I told the doctor to think of me as a nun.  She was doing the usual new doctor-y speechless gaping when told I am not, have never been, and have no plans to be sexually active.  My humor broke the awkward silence and allowed her to laugh and stop gaping at me while trying to form a coherent thought.  I should have said I was a free-agent nun.  I'll try to remember that line for next time.

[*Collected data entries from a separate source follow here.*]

-- ===== src/Signing/Trust.antt =====
-- What a verified envelope carries.
use science_ladder.Base.{
  is_in, ◌≡◌, ◌⊎◌, inl, inr, refl, sym, ap, ◌∙◌, Bool, true, false, Option, none, some, List, [],
  ◌∷◌, ◌++◌, arith, Bytes, text, length, text_eq, text_eq→eq, Result, ok, err, reject_if, >>=-eq-ok,
  In, first, later, Bool-cases, some_inj, if_true, if_false, subst,
}
use science_ladder.Base.Int.{pos}
use science_ladder.Ticks.{to_string, digits}
use science_ladder.Signing.{
  Key, Keys, Signature, Envelope, Crypto, lookup, test_signature, is_trusted, check_signatures,
  is_canonical, verify, pae, signed_payload_type,
}

-- A signature of the list is trusted, or one was before.
check_signatures-trusted :
    (c : Crypto) (keys : Keys) (hash : Bytes) (seen : List Bytes) (valid : Bool)
    (ss : List Signature) {u : Unit {0}}
    → check_signatures c keys hash seen valid ss ≡ ok u
    → (valid ≡ true) ⊎ ((s : Signature) × In s ss × (is_trusted c keys hash s ≡ true))
unfolding check_signatures
check_signatures-trusted c keys hash seen true ss h = inl refl
check_signatures-trusted c keys hash seen false [] h = cc
check_signatures-trusted c keys hash seen false (s ∷ ss) h =
    let (_, _, more) = >>=-eq-ok (reject_if (is_in s.key_id seen) _) _ h in
    elim (check_signatures-trusted c keys hash (s.key_id ∷ seen) (is_trusted c keys hash s) ss
      more) [ inl t ↦ inr (s, first, t) | inr (t, i, p) ↦ inr (t, later i, p) ]

-- What a map holds under a key is among its entries.
pub lookup-In {ℓ} :
    {A : Type ℓ} (k : Bytes) (entries : List (Bytes × A)) {a : A}
    → lookup k entries ≡ some a
    → In (k, a) entries
unfolding lookup
lookup-In k [] h = cc
lookup-In {A} k ((j, b) ∷ rest) {a} h = elim (Bool-cases (text_eq j k)) [
  | inl e ↦
      subst (λ (i : Bytes). In (i, a) ((j, b) ∷ rest)) (text_eq→eq j k e)
        (subst (λ (c : A). In (j, c) ((j, b) ∷ rest)) (some_inj (if_true _ _ _ e h)) first)
  | inr e ↦ later (lookup-In k rest (if_false _ _ _ e h))
]

-- A signature that is trusted verifies under the key of the set that it names.
trusted-key :
    (c : Crypto) (keys : Keys) (hash : Bytes) (s : Signature)
    → is_trusted c keys hash s ≡ true
    → (key : Key) × (sig : Bytes) × In (s.key_id, some key) keys
      × (c.decode_base64 s.sig ≡ some sig)
      × (c.verify_p256 key hash sig ≡ true)
unfolding is_trusted
trusted-key c keys hash s h = of_key (lookup s.key_id keys) refl h
  where
    of_sig :
        (key : Key) (o : Option Bytes)
        → In (s.key_id, some key) keys
        → c.decode_base64 s.sig ≡ o
        → test_signature c (some key) hash o ≡ true
        → (key : Key) × (sig : Bytes) × In (s.key_id, some key) keys
          × (c.decode_base64 s.sig ≡ some sig)
          × (c.verify_p256 key hash sig ≡ true)
    of_sig key none i e t = cc
    of_sig key (some sig) i e t = (key, sig, i, e, t)

    of_key :
        (o : Option (Option Key))
        → lookup s.key_id keys ≡ o
        → (elim o [ none ↦ false | some key ↦ test_signature c key hash (c.decode_base64 s.sig) ])
          ≡ true
        → (key : Key) × (sig : Bytes) × In (s.key_id, some key) keys
          × (c.decode_base64 s.sig ≡ some sig)
          × (c.verify_p256 key hash sig ≡ true)
    of_key none e t = cc
    of_key (some none) e t = cc
    of_key (some (some key)) e t =
        of_sig key (c.decode_base64 s.sig) (lookup-In s.key_id keys e) refl t

canonical-is : (payload : Bytes) (r : Result Bytes) → is_canonical payload r ≡ true → r ≡ ok payload
canonical-is payload (err e) h = cc
canonical-is payload (ok b) h = ap ok (sym (text_eq→eq payload b h))

verify_parts :
    (c : Crypto) (e : Envelope) (keys : Keys) (payload : Bytes)
    → verify c e keys ≡ ok payload
    → (text_eq e.payload_type signed_payload_type ≡ true)
      × (c.decode_base64 e.payload ≡ some payload)
      × (is_canonical payload (c.canonical_json payload) ≡ true)
      × (check_signatures c keys (c.sha256 (pae e.payload_type payload)) [] false e.signatures
          ≡ ok tt)
unfolding verify
verify_parts c e keys payload h = (ground arith, ground arith, ground arith, ground arith)

-- The bytes that are signed for a payload of the one type that is accepted.
abbrev pub signed_bytes : Bytes → Bytes
signed_bytes payload =
    text "DSSEv1 38 application/vnd.science-ladder.v1+json "
    ++ to_string (pos (length payload))
    ++ text " "
    ++ payload

pae-signed_bytes : (payload : Bytes) → pae signed_payload_type payload ≡ signed_bytes payload
unfolding pae to_string digits
pae-signed_bytes payload = refl

-- An envelope that verifies under a set of keys has the payload type of the protocol and carries a
-- payload that is its own canonical form, and one of its signatures names a key of the set that
-- accepts it for the bytes `DSSEv1 38 application/vnd.science-ladder.v1+json`, the length of the
-- payload and the payload.
pub verify-trusted :
    (c : Crypto) (e : Envelope) (keys : Keys) (payload : Bytes)
    → verify c e keys ≡ ok payload
    → (e.payload_type ≡ text "application/vnd.science-ladder.v1+json")
      × (c.decode_base64 e.payload ≡ some payload)
      × (c.canonical_json payload ≡ ok payload)
      × (s : Signature) × (key : Key) × (sig : Bytes) × In s e.signatures
      × In (s.key_id, some key) keys
      × (c.decode_base64 s.sig ≡ some sig)
      × (c.verify_p256 key (c.sha256 (signed_bytes payload)) sig ≡ true)
verify-trusted c e keys payload h =
    let (typed, read, canonical, checked) = verify_parts c e keys payload h in
    let is_type = text_eq→eq e.payload_type signed_payload_type typed in
    elim (check_signatures-trusted c keys _ [] false e.signatures checked) [
      | inl n ↦ absurd (ground (arith, n))
      | inr (s, among, trusted) ↦
          let (key, sig, held, decoded, good) = trusted-key c keys _ s trusted in
          let bytes = ap (λ (t : Bytes). pae t payload) is_type ∙ pae-signed_bytes payload in
          (
            is_type,
            read,
            canonical-is payload (c.canonical_json payload) canonical,
            s,
            key,
            sig,
            among,
            held,
            decoded,
            subst (λ (b : Bytes). c.verify_p256 key (c.sha256 b) sig ≡ true) bytes good,
          )
    ]
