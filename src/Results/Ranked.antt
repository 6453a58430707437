-- ===== src/Results/Ranked.antt =====
-- What a validated result and an accepted run say of the ticks that rank them.
use science_ladder.Base.{
  ◌≡◌, inl, inr, refl, sym, ap, ◌∙◌, Bool, true, false, ◌&&◌, ◌||◌, not, Option, none, some, List,
  arith, ◌==◌, Bool-cases, or_none, In, Bytes, text, text_eq, text_eq→eq, length, ok, reject_if-ok,
  >>=-eq-ok, was_true, if_true, if_false, passed_guard, passed_check,
}
use science_ladder.Metric.{Metric}
use science_ladder.Score.{normalize_rational_score}
use science_ladder.Decimal.{Rat}
use science_ladder.Artifacts.{Unicode}
use science_ladder.Evaluation.{MeasurementDefinition, measurement_number}
use science_ladder.Evaluation.Values.{Values}
use science_ladder.Manifest.{Manifest}
use science_ladder.Results.{
  ValidatorResult, Json, validate_result, RunReceipt, validator_outcome, any_failed,
  is_inconclusive,
}
use science_ladder.Results.Evidence.{
  is_measured, compare_gates, check_run_evidence, run_evidence, validate_run_measurement_evidence,
}
use science_ladder.Timing.{same_bool}
use science_ladder.Manifest.Profile.{is_v2}

-- The ticks are those of the declared primary measurement, rounded against the solver; the score is
-- the value that is reported for it.
pub IsRanked : Metric → List MeasurementDefinition → Values → Bytes → Bytes → Type 0
IsRanked m ds values score ticks =
    (d : MeasurementDefinition) × (x : Rat) × In d ds
    × (d.name ≡ m.name)
    × In (m.name, score) values
    × (measurement_number score d.kind ≡ ok x)
    × (normalize_rational_score x m ≡ ok ticks)

passed_outcome :
    (r : ValidatorResult)
    → validator_outcome r ≡ text "valid"
    → (any_failed r.gates ≡ false) × (is_inconclusive r.timing ≡ false)
unfolding validator_outcome
passed_outcome r h = elim (Bool-cases (any_failed r.gates)) [
  | inl failed ↦ absurd (word (if_true _ _ _ failed h))
  | inr passed ↦ elim (Bool-cases (is_inconclusive r.timing)) [
    | inl wide ↦ absurd (word' (if_true _ _ _ wide (if_false _ _ _ passed h)))
    | inr narrow ↦ (passed, narrow)
  ]
]
  where
    word : {A : Type 0} → text "hard_gate_failed" ≡ text "valid" → A
    word e = cc

    word' : {A : Type 0} → text "measurement_inconclusive" ≡ text "valid" → A
    word' e = cc

run_checked :
    (u : Unicode) (json : Json) (run : RunReceipt) (typed : ValidatorResult) (m : Manifest)
    → check_run_evidence u json run typed m ≡ ok tt
    → (content : Bytes) × (r : ValidatorResult) × (json.marshal typed ≡ ok content)
      × (validate_result u json content m ≡ ok (r, run.score_ticks))
      × (validator_outcome r ≡ run.outcome)
unfolding check_run_evidence
run_checked u json run typed m h =
    let (content, written, h1) = >>=-eq-ok (json.marshal typed) _ h in
    let (p, read, h2) = >>=-eq-ok (validate_result u json content m) _ h1 in
    let (same, h3) =
      passed_guard (not (text_eq p.1 run.score_ticks) || not (length p.0.gates == length run.gates))
        _ h2 in
    let (_, h4) = passed_check (compare_gates run.gates p.0.gates) h3 in
    let differs =
      reject_if-ok
        (not (same_bool (any_failed p.0.gates) (text_eq run.outcome (text "hard_gate_failed")))
          || not (text_eq (validator_outcome p.0) run.outcome))
        _ h4 in
    let ticks = text_eq→eq p.1 run.score_ticks (was_true _ (or_none _ _ same).0) in
    (
      content,
      p.0,
      written,
      read ∙ ap (λ (t : Bytes). ok (p.0, t)) ticks,
      text_eq→eq (validator_outcome p.0) run.outcome (was_true _ (or_none _ _ differs).1),
    )

evidence_checked :
    (u : Unicode) (json : Json) (run : RunReceipt) (m : Manifest) (found : Option ValidatorResult)
    → is_v2 m.api_version ≡ true
    → is_measured run.outcome ≡ true
    → run_evidence u json run found m ≡ ok tt
    → (typed : ValidatorResult) × (found ≡ some typed)
      × (check_run_evidence u json run typed m ≡ ok tt)
unfolding run_evidence
evidence_checked u json run m none v2 measured h =
    absurd (cc (sym (reject_if-ok _ _ h) ∙ both _ _ v2 measured))
  where
    both : (a b : Bool) → a ≡ true → b ≡ true → a && b ≡ true
    both a b e g = ground arith
evidence_checked u json run m (some typed) v2 measured h =
    (typed, refl, if_true _ _ _ measured (if_false _ _ _ (ap not v2) h))

-- A run with the outcome `valid` under a manifest of version 2 is accepted only with a typed result
-- whose validation gives the very ticks that the receipt claims, and in which no hard gate failed.
pub validate_run_measurement_evidence_lem :
    (u : Unicode) (json : Json) (run : RunReceipt) (m : Manifest)
    → is_v2 m.api_version ≡ true
    → run.outcome ≡ text "valid"
    → validate_run_measurement_evidence u json run m ≡ ok tt
    → (typed : ValidatorResult) × (content : Bytes) × (r : ValidatorResult) × (run.validator_result
        ≡ some typed)
      × (json.marshal typed ≡ ok content)
      × (validate_result u json content m ≡ ok (r, run.score_ticks))
      × (any_failed r.gates ≡ false)
unfolding validate_run_measurement_evidence
validate_run_measurement_evidence_lem u json run m v2 valid h =
    let measured = ap (λ (o : Bytes). is_measured o) valid in
    let (typed, found, good) = evidence_checked u json run m run.validator_result v2 measured h in
    let (content, r, written, read, outcome) = run_checked u json run typed m good in
    (typed, content, r, found, written, read, (passed_outcome r (outcome ∙ valid)).0)
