-- ===== src/Migration/Refinement/Targets.antt =====
-- Foreign keys: whether a row's targets are there, by the revision (alembic/versions) and by
-- Schema.Constraints.
use balotly_backend.Base.{ℕ, Option, none, some, ◌≡◌, refl, List, [], ◌∷◌, map, arith, string_eq}
use balotly_backend.Schema.Rows.{
  Organization, User, Contest, Category, Candidate, VotePackage, Subaccount, Transaction, Vote,
  Settlement,
}
use balotly_backend.Schema.Table.{has, has_null}
use balotly_backend.Schema.Database.{
  Database, organization_key, user_key, contest_key, category_key, candidate_key, vote_package_key,
  transaction_key,
}
use balotly_backend.Schema.Constraints.{
  organization_refs, user_refs, contest_refs, category_refs, candidate_refs, vote_package_refs,
  subaccount_refs, transaction_refs, vote_refs, settlement_refs,
}
use balotly_backend.Migration.Conditions.{key, Row}
use balotly_backend.Migration.Catalog.{Table, set_null}
use balotly_backend.Migration.Operations.{add_foreign_key}
use balotly_backend.Migration.Enforcement.{is_there, targets_there}
use balotly_backend.Migration.Cells.{
  organization_cells, user_cells, contest_cells, category_cells, candidate_cells,
  vote_package_cells, subaccount_cells, transaction_cells, vote_cells, settlement_cells, tables_of,
  maybe,
}
use balotly_backend.Migration.Revision.Accounts.{organizations, users}
use balotly_backend.Migration.Revision.Contests.{contests, categories, candidates, vote_packages}
use balotly_backend.Migration.Revision.Payments.{subaccounts, transactions, votes, settlements}

module _ {R : Type 0} (cells : R → Row) (key_of : R → ℕ)
    (keyed : (r : R) → cells r "id" ≡ key (key_of r)) where
  pub is_there-map : (rs : List R) (k : ℕ) → is_there (map cells rs) (key k) ≡ has key_of rs k
  is_there-map [] k = refl
  is_there-map (r ∷ rs) k = ground (arith, keyed r, is_there-map rs k)

  is_there-maybe :
      (rs : List R) (o : Option ℕ) → is_there (map cells rs) (maybe key o) ≡ has_null key_of rs o
  is_there-maybe rs none = refl
  is_there-maybe rs (some k) = is_there-map rs k

pub organization_id : (r : Organization) → organization_cells r "id" ≡ key r.id
unfolding organization_cells string_eq
organization_id r = refl

pub user_id : (r : User) → user_cells r "id" ≡ key r.id
unfolding user_cells string_eq
user_id r = refl

pub contest_id : (r : Contest) → contest_cells r "id" ≡ key r.id
unfolding contest_cells string_eq
contest_id r = refl

pub category_id : (r : Category) → category_cells r "id" ≡ key r.id
unfolding category_cells string_eq
category_id r = refl

pub candidate_id : (r : Candidate) → candidate_cells r "id" ≡ key r.id
unfolding candidate_cells string_eq
candidate_id r = refl

pub vote_package_id : (r : VotePackage) → vote_package_cells r "id" ≡ key r.id
unfolding vote_package_cells string_eq
vote_package_id r = refl

pub transaction_id : (r : Transaction) → transaction_cells r "id" ≡ key r.id
unfolding transaction_cells string_eq
transaction_id r = refl

pub subaccount_id : (r : Subaccount) → subaccount_cells r "id" ≡ key r.id
unfolding subaccount_cells string_eq
subaccount_id r = refl

pub vote_id : (r : Vote) → vote_cells r "id" ≡ key r.id
unfolding vote_cells string_eq
vote_id r = refl

pub settlement_id : (r : Settlement) → settlement_cells r "id" ≡ key r.id
unfolding settlement_cells string_eq
settlement_id r = refl

-- The table organizations, with the foreign key that comes after users.
abbrev pub linked_organizations : Table
linked_organizations =
    add_foreign_key "fk_organizations_created_by_user_id_users" "created_by_user_id" "users"
      set_null organizations

pub organization_targets :
    (db : Database) (r : Organization)
    → targets_there linked_organizations.foreign_keys (tables_of db) (organization_cells r)
      ≡ organization_refs db r
unfolding tables_of organization_cells string_eq
organization_targets db r =
    ground (arith, is_there-maybe user_cells user_key user_id db.users r.created_by_user_id)

pub user_targets :
    (db : Database) (r : User)
    → targets_there users.foreign_keys (tables_of db) (user_cells r) ≡ user_refs db r
unfolding tables_of user_cells string_eq
user_targets db r = ground (
  arith,
  is_there-maybe organization_cells organization_key organization_id db.organizations
      r.organization_id,
)

pub contest_targets :
    (db : Database) (r : Contest)
    → targets_there contests.foreign_keys (tables_of db) (contest_cells r) ≡ contest_refs db r
unfolding tables_of contest_cells string_eq
contest_targets db r = ground (
  arith,
  is_there-map organization_cells organization_key organization_id db.organizations
      r.organization_id,
)

pub category_targets :
    (db : Database) (r : Category)
    → targets_there categories.foreign_keys (tables_of db) (category_cells r) ≡ category_refs db r
unfolding tables_of category_cells string_eq
category_targets db r =
    ground (arith, is_there-map contest_cells contest_key contest_id db.contests r.contest_id)

pub candidate_targets :
    (db : Database) (r : Candidate)
    → targets_there candidates.foreign_keys (tables_of db) (candidate_cells r) ≡ candidate_refs db r
unfolding tables_of candidate_cells string_eq
candidate_targets db r = ground (
  arith,
  is_there-map category_cells category_key category_id db.categories r.category_id,
  is_there-maybe user_cells user_key user_id db.users r.user_id,
)

pub vote_package_targets :
    (db : Database) (r : VotePackage)
    → targets_there vote_packages.foreign_keys (tables_of db) (vote_package_cells r)
      ≡ vote_package_refs db r
unfolding tables_of vote_package_cells string_eq
vote_package_targets db r =
    ground (arith, is_there-map contest_cells contest_key contest_id db.contests r.contest_id)

pub subaccount_targets :
    (db : Database) (r : Subaccount)
    → targets_there subaccounts.foreign_keys (tables_of db) (subaccount_cells r)
      ≡ subaccount_refs db r
unfolding tables_of subaccount_cells string_eq
subaccount_targets db r =
    ground
      (arith, is_there-map candidate_cells candidate_key candidate_id db.candidates r.candidate_id)

pub transaction_targets :
    (db : Database) (r : Transaction)
    → targets_there transactions.foreign_keys (tables_of db) (transaction_cells r)
      ≡ transaction_refs db r
unfolding tables_of transaction_cells string_eq
transaction_targets db r = ground (
  arith,
  is_there-map candidate_cells candidate_key candidate_id db.candidates r.candidate_id,
  is_there-map vote_package_cells vote_package_key vote_package_id db.vote_packages
      r.vote_package_id,
  is_there-map contest_cells contest_key contest_id db.contests r.contest_id,
)

pub vote_targets :
    (db : Database) (r : Vote)
    → targets_there votes.foreign_keys (tables_of db) (vote_cells r) ≡ vote_refs db r
unfolding tables_of vote_cells string_eq
vote_targets db r = ground (
  arith,
  is_there-map transaction_cells transaction_key transaction_id db.transactions r.transaction_id,
  is_there-map candidate_cells candidate_key candidate_id db.candidates r.candidate_id,
)

pub settlement_targets :
    (db : Database) (r : Settlement)
    → targets_there settlements.foreign_keys (tables_of db) (settlement_cells r)
      ≡ settlement_refs db r
unfolding tables_of settlement_cells string_eq
settlement_targets db r = ground (
  arith,
  is_there-map candidate_cells candidate_key candidate_id db.candidates r.candidate_id,
  is_there-maybe user_cells user_key user_id db.users r.actioned_by_user_id,
)
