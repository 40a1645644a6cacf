-- ===== src/Migration/Metadata/Agreement.antt =====
-- The schema of the initial revision (alembic/versions) beside that of the models (api/v1/models).
use balotly_backend.Base.{subst, ◌≡◌, refl, String, List, [], ◌∷◌, string_eq}
use balotly_backend.Base.Dict.{Dict, lookup}
use balotly_backend.Migration.Catalog.{Table}
use balotly_backend.Migration.Operations.{migrate, apply}
use balotly_backend.Migration.Revision.{upgrade}
use balotly_backend.Migration.Revision.Roundtrip.{upgraded, catalog_of}
use balotly_backend.Migration.Metadata.{Model, declare, table_of_model}
use balotly_backend.Migration.Metadata.Same.{
  Agree, agree, same_entries, AllAgree, SameAt, AllAgree-lookup, column_at, check_at,
  foreign_key_at, uniques_at,
}
use balotly_backend.Migration.Metadata.Accounts.{organization_model, user_model}
use balotly_backend.Migration.Metadata.Contests.{
  contest_model, category_model, candidate_model, vote_package_model,
}
use balotly_backend.Migration.Metadata.Payments.{
  subaccount_model, transaction_model, vote_model, settlement_model,
}
use balotly_backend.Migration.Revision.Accounts.{users}
use balotly_backend.Migration.Revision.Contests.{contests, categories, candidates, vote_packages}
use balotly_backend.Migration.Revision.Payments.{subaccounts, transactions, votes, settlements}
use balotly_backend.Migration.Refinement.Targets.{linked_organizations}

-- The models that `api.v1.models` imports, in its order.
abbrev pub models : List Model
models =
    candidate_model ∷ category_model ∷ contest_model ∷ organization_model ∷ settlement_model
    ∷ subaccount_model ∷ transaction_model ∷ user_model ∷ vote_model ∷ vote_package_model ∷ []

organization-Agree : Agree linked_organizations (table_of_model organization_model)
unfolding string_eq
organization-Agree =
    agree linked_organizations (table_of_model organization_model) refl refl refl refl refl refl
      refl

user-Agree : Agree users (table_of_model user_model)
unfolding string_eq
user-Agree = agree users (table_of_model user_model) refl refl refl refl refl refl refl

contest-Agree : Agree contests (table_of_model contest_model)
unfolding string_eq
contest-Agree = agree contests (table_of_model contest_model) refl refl refl refl refl refl refl

category-Agree : Agree categories (table_of_model category_model)
unfolding string_eq
category-Agree = agree categories (table_of_model category_model) refl refl refl refl refl refl refl

candidate-Agree : Agree candidates (table_of_model candidate_model)
unfolding string_eq
candidate-Agree =
    agree candidates (table_of_model candidate_model) refl refl refl refl refl refl refl

vote_package-Agree : Agree vote_packages (table_of_model vote_package_model)
unfolding string_eq
vote_package-Agree =
    agree vote_packages (table_of_model vote_package_model) refl refl refl refl refl refl refl

subaccount-Agree : Agree subaccounts (table_of_model subaccount_model)
unfolding string_eq
subaccount-Agree =
    agree subaccounts (table_of_model subaccount_model) refl refl refl refl refl refl refl

transaction-Agree : Agree transactions (table_of_model transaction_model)
unfolding string_eq
transaction-Agree =
    agree transactions (table_of_model transaction_model) refl refl refl refl refl refl refl

vote-Agree : Agree votes (table_of_model vote_model)
unfolding string_eq
vote-Agree = agree votes (table_of_model vote_model) refl refl refl refl refl refl refl

settlement-Agree : Agree settlements (table_of_model settlement_model)
unfolding string_eq
settlement-Agree =
    agree settlements (table_of_model settlement_model) refl refl refl refl refl refl refl

-- The tables of the models, in the order of the revision.
abbrev declared_tables : Dict String Table
declared_tables =
    ("organizations", table_of_model organization_model)
    ∷ ("users", table_of_model user_model)
    ∷ ("contests", table_of_model contest_model)
    ∷ ("categories", table_of_model category_model)
    ∷ ("candidates", table_of_model candidate_model)
    ∷ ("vote_packages", table_of_model vote_package_model)
    ∷ ("subaccounts", table_of_model subaccount_model)
    ∷ ("transactions", table_of_model transaction_model)
    ∷ ("votes", table_of_model vote_model)
    ∷ ("settlements", table_of_model settlement_model)
    ∷ []

tables-AllAgree : AllAgree upgraded.tables declared_tables
unfolding upgraded catalog_of upgrade migrate apply string_eq
tables-AllAgree = (
  refl,
  (
    organization-Agree,
    (
      refl,
      (
        user-Agree,
        (
          refl,
          (
            contest-Agree,
            (
              refl,
              (
                category-Agree,
                (
                  refl,
                  (
                    candidate-Agree,
                    (
                      refl,
                      (
                        vote_package-Agree,
                        (
                          refl,
                          (
                            subaccount-Agree,
                            (
                              refl,
                              (
                                transaction-Agree,
                                (refl, (vote-Agree, (refl, (settlement-Agree, tt)))),
                              ),
                            ),
                          ),
                        ),
                      ),
                    ),
                  ),
                ),
              ),
            ),
          ),
        ),
      ),
    ),
  ),
)

declared_tables-lookup : (t : String) → lookup t declared_tables ≡ lookup t (declare models).tables
unfolding string_eq
declared_tables-lookup = same_entries declared_tables (declare models).tables refl refl

indexes_agree : (n : String) → lookup n upgraded.indexes ≡ lookup n (declare models).indexes
unfolding upgraded catalog_of upgrade migrate apply string_eq
indexes_agree = same_entries upgraded.indexes (declare models).indexes refl refl

-- `upgrade` on an empty database makes what the models declare: the same tables, each with the same
-- columns (type, nullability, server default), CHECK constraints and foreign keys under each name, and
-- the same UNIQUE constraints; and under each name the same index.
pub upgraded-models :
    (t n : String)
    → (column_at upgraded t n ≡ column_at (declare models) t n)
      × (check_at upgraded t n ≡ check_at (declare models) t n)
      × (foreign_key_at upgraded t n ≡ foreign_key_at (declare models) t n)
      × (uniques_at upgraded t ≡ uniques_at (declare models) t)
      × (lookup n upgraded.indexes ≡ lookup n (declare models).indexes)
upgraded-models t n =
    let (a, b, c, d) =
      subst (SameAt (lookup t upgraded.tables)) (declared_tables-lookup t)
        (AllAgree-lookup upgraded.tables declared_tables tables-AllAgree t) n in
    (a, b, c, d, indexes_agree n)
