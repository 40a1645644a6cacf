-- ===== src/Migration/Refinement/Columns.antt =====
-- Column types and NOT NULL: what the revision's columns (alembic/versions) and Schema.Checks ask
-- of a row.
use balotly_backend.Base.{true, ◌≡◌, refl, arith, string_eq}
use balotly_backend.Schema.Rows.{
  Organization, User, Contest, Category, Candidate, VotePackage, Subaccount, Transaction, Vote,
  Settlement,
}
use balotly_backend.Schema.Sql.{fits_varchar, fits_varchar_null, fits_numeric, fits_integer}
use balotly_backend.Schema.Checks.{
  organization_types, user_types, contest_types, category_types, candidate_types,
  vote_package_types, subaccount_types, transaction_types, settlement_types,
}
use balotly_backend.Migration.Enforcement.{columns_accept}
use balotly_backend.Migration.Cells.{
  organization_cells, user_cells, contest_cells, category_cells, candidate_cells,
  vote_package_cells, subaccount_cells, transaction_cells, vote_cells, settlement_cells,
}
use balotly_backend.Migration.Revision.Accounts.{organizations, users}
use balotly_backend.Migration.Revision.Contests.{contests, categories, candidates, vote_packages}
use balotly_backend.Migration.Revision.Payments.{subaccounts, transactions, votes, settlements}

pub organization_columns :
    (r : Organization)
    → columns_accept organizations.columns (organization_cells r) ≡ organization_types r
unfolding organization_types organization_cells string_eq fits_varchar fits_varchar_null
    fits_numeric fits_integer
organization_columns r = ground arith

pub user_columns : (r : User) → columns_accept users.columns (user_cells r) ≡ user_types r
unfolding user_types user_cells string_eq fits_varchar fits_varchar_null fits_numeric fits_integer
user_columns r = ground arith

pub contest_columns :
    (r : Contest) → columns_accept contests.columns (contest_cells r) ≡ contest_types r
unfolding contest_types contest_cells string_eq fits_varchar fits_varchar_null fits_numeric
    fits_integer
contest_columns r = ground arith

pub category_columns :
    (r : Category) → columns_accept categories.columns (category_cells r) ≡ category_types r
unfolding category_types category_cells string_eq fits_varchar fits_varchar_null fits_numeric
    fits_integer
category_columns r = ground arith

pub candidate_columns :
    (r : Candidate) → columns_accept candidates.columns (candidate_cells r) ≡ candidate_types r
unfolding candidate_types candidate_cells string_eq fits_varchar fits_varchar_null fits_numeric
    fits_integer
candidate_columns r = ground arith

pub vote_package_columns :
    (r : VotePackage)
    → columns_accept vote_packages.columns (vote_package_cells r) ≡ vote_package_types r
unfolding vote_package_types vote_package_cells string_eq fits_varchar fits_varchar_null
    fits_numeric fits_integer
vote_package_columns r = ground arith

pub subaccount_columns :
    (r : Subaccount) → columns_accept subaccounts.columns (subaccount_cells r) ≡ subaccount_types r
unfolding subaccount_types subaccount_cells string_eq fits_varchar fits_varchar_null fits_numeric
    fits_integer
subaccount_columns r = ground arith

pub transaction_columns :
    (r : Transaction)
    → columns_accept transactions.columns (transaction_cells r) ≡ transaction_types r
unfolding transaction_types transaction_cells string_eq fits_varchar fits_varchar_null fits_numeric
    fits_integer
transaction_columns r = ground arith

pub vote_columns : (r : Vote) → columns_accept votes.columns (vote_cells r) ≡ true
unfolding vote_cells string_eq
vote_columns r = refl

pub settlement_columns :
    (r : Settlement) → columns_accept settlements.columns (settlement_cells r) ≡ settlement_types r
unfolding settlement_types settlement_cells string_eq fits_varchar fits_varchar_null fits_numeric
    fits_integer
settlement_columns r = ground arith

I also said I was going to try to go off the thyroid med again.  I'm at half of the lowest dose, I have my eyebrows back, and I'm not losing copious amounts of hair right now.  I am ever-so-slightly less exhausted.  Part of me wants to stay on this ultra-low dose because it's working, but doctors keep telling me that if I do, soon my thyroid will get lazy (instead of just exhausted) and stop working altogether, and that's bad.  It's also, according to some doctors, probably not good to be taking the medication for a long time starting so young if I can avoid it.  But right now is not a good time to start losing hair and feeling even more tired.  I don't want to screw this up, but since I can't know what will happen this time I stop taking it, I can't know which choice will actually be more likely to screw things up.  Welcome to adulthood?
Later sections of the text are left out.